Water is life

Westside residents voiced their concerns with erosion and how to better prepare for yet another evacuation.

by Karen Leslie, writer with heart

Hoping for just a sprinkle and not a down pour, was just one of the main topics open for discussion for the 100 plus Westsider’s who attended the Ventura Westside Community Council Meeting held at Bell Arts Factory January 3rd.

The evening began with a lively atmosphere of friends meeting friends and neighbors greeting neighbors. President of WCC, Tomas Luna set the evening’s tone and intention, one with the hope of finding answers, resolving and taking action to help prepare for yet another impending monstrous disaster, the possibility and probability of mudslides. With the hills baron and nothing to stop them from sliding and destroying everything in their path, homes and lives are at stake, not to mention the hills themselves.
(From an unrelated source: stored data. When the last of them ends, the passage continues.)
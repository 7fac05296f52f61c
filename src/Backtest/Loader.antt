-- ===== src/Backtest/Loader.antt =====
-- `HistoricalDataLoader` once it is loaded (src/backtest/data_loader.py): a table of daily rows for
-- each symbol. A data frame is the list of its rows in the order of its index.
use stock_trading_agent.Base.{
  ℕ, ◌+◌, ◌-◌, ◌&&◌, Option, none, some, List, [], ◌∷◌, leb, ◌==◌, if◌then◌else◌, keep, String,
}
use stock_trading_agent.Base.Dict.{Dict, lookup}
use stock_trading_agent.Core.Models.{Ohlcv}

pub record Loader (D : Type 0) : Type 0 where
  pub frames : Dict (List (Ohlcv D))
  pub trading_dates : List ℕ

-- `max(0, idx - period_days + 1)`
unfoldable pub window_start : ℕ → ℕ → ℕ
window_start idx period_days = idx + 1 - period_days

module _ {D : Type 0} where
  -- `df.loc[target_date]`, or nothing where the index does not have the date.
  unfoldable pub row_at : ℕ → List (Ohlcv D) → Option (Ohlcv D)
  row_at day [] = none
  row_at day (r ∷ rs) = if r.date == day then some r else row_at day rs

  unfoldable pub get_ohlcv : Loader D → String → ℕ → Option (Ohlcv D)
  unfolding row_at
  get_ohlcv l symbol day = elim (lookup symbol l.frames) [ none ↦ none | some df ↦ row_at day df ]

  unfoldable pub get_ohlcv_range : Loader D → String → ℕ → ℕ → List (Ohlcv D)
  get_ohlcv_range l symbol first last = elim (lookup symbol l.frames) [
    | none ↦ []
    | some df ↦ keep (λ r. leb first r.date && leb r.date last) df
  ]

  unfoldable pub get_close_price : Loader D → String → ℕ → Option D
  unfolding get_ohlcv
  get_close_price l symbol day = elim (get_ohlcv l symbol day) [
    | none ↦ none
    | some r ↦ some r.closing
  ]

  unfoldable pub get_open_price : Loader D → String → ℕ → Option D
  unfolding get_ohlcv
  get_open_price l symbol day = elim (get_ohlcv l symbol day) [
    | none ↦ none
    | some r ↦ some r.opening
  ]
With Westside residents still reeling from the bottlenecking, and challenging escape routes of the Dec. 4th fires, they voiced their concerns with erosion and how to better prepare for yet another evacuation.

This triggered a chain reaction which changed the climate of the evening to a Q&A session. WCC Treasurer, Tomás Rebecchi shares, “I think overall the meeting was successful. We learned the emergency alert systems and evacuation routes can be improved and made more accessible. This is just a starting point, many questions still remain unanswered and we will continue to organize and strongly support local agencies to improve and prepare for future emergencies and hoping for more answers at the next meeting Feb. 7th.

CFROG(Citizens for Responsible Oil and Gas), Kimberly Rivers says, “The Thomas Fires moved through many oil fields including Ventura oil fields which straddles the Westside Community, all the hillsides have the potential for movement and mudslides.”

Assistant Ventura Police Chief Darin Schindler shares, “We are pleased with the attendance of so many residents and the department is already preparing to be proactive instead of reactive.”

Ashley Bautista encouraged home residents to register with VC Alert, an emergency notification system that delivers alerts when there is a threat to the health and safety of residents.

Fire Marshal Joe Morelli states,” Residents should prepare for a rain and debris flow event by planning and staying informed on what to do during an emergency by visiting; www.readyventuracounty.org and www.venturacountyrecovers.org also checking local weather channels for updates. A moderate to heavy rainfall event is anticipated in the Thomas Fire areas next week.”

These hard working conscientious people are part of a team effort to find answers to many of the concerns in the minds and hearts of this Westside community. New resident, Andrea Beenham shares, “I am impressed with the camaraderie and openness of the community.”

Wildfires alter the natural landscape by removing vegetation and exposing soil to wind and rain. These changes substantially increase the risk of flash floods and debris flow. Normally, grasses, shrubs and trees slow rainfall and improve soil absorption. Leaf litter further protects the soil from erosive rainfall.

So what’s the next step? Preparation before it rains helps to minimize and prevent potential danger. Nature’s back-to-back disasters can cause distress and uncertainty, that’s where knowledge is power and when new knowledge is applied, combined with action, our choices and decisions can re-direct the flow and deflect future disasters. Holding a positive mindset while trusting the process and each other we become victors instead of victims.

Let’s begin 2018 by watering new ideas with anticipation and appreciation. Drenching ourselves with possibilities in the rich soil of our lives will set the stage to help harness our direction. Planting seeds of hope for the landscape of our future insures deep roots of safety and security for all and generations to come.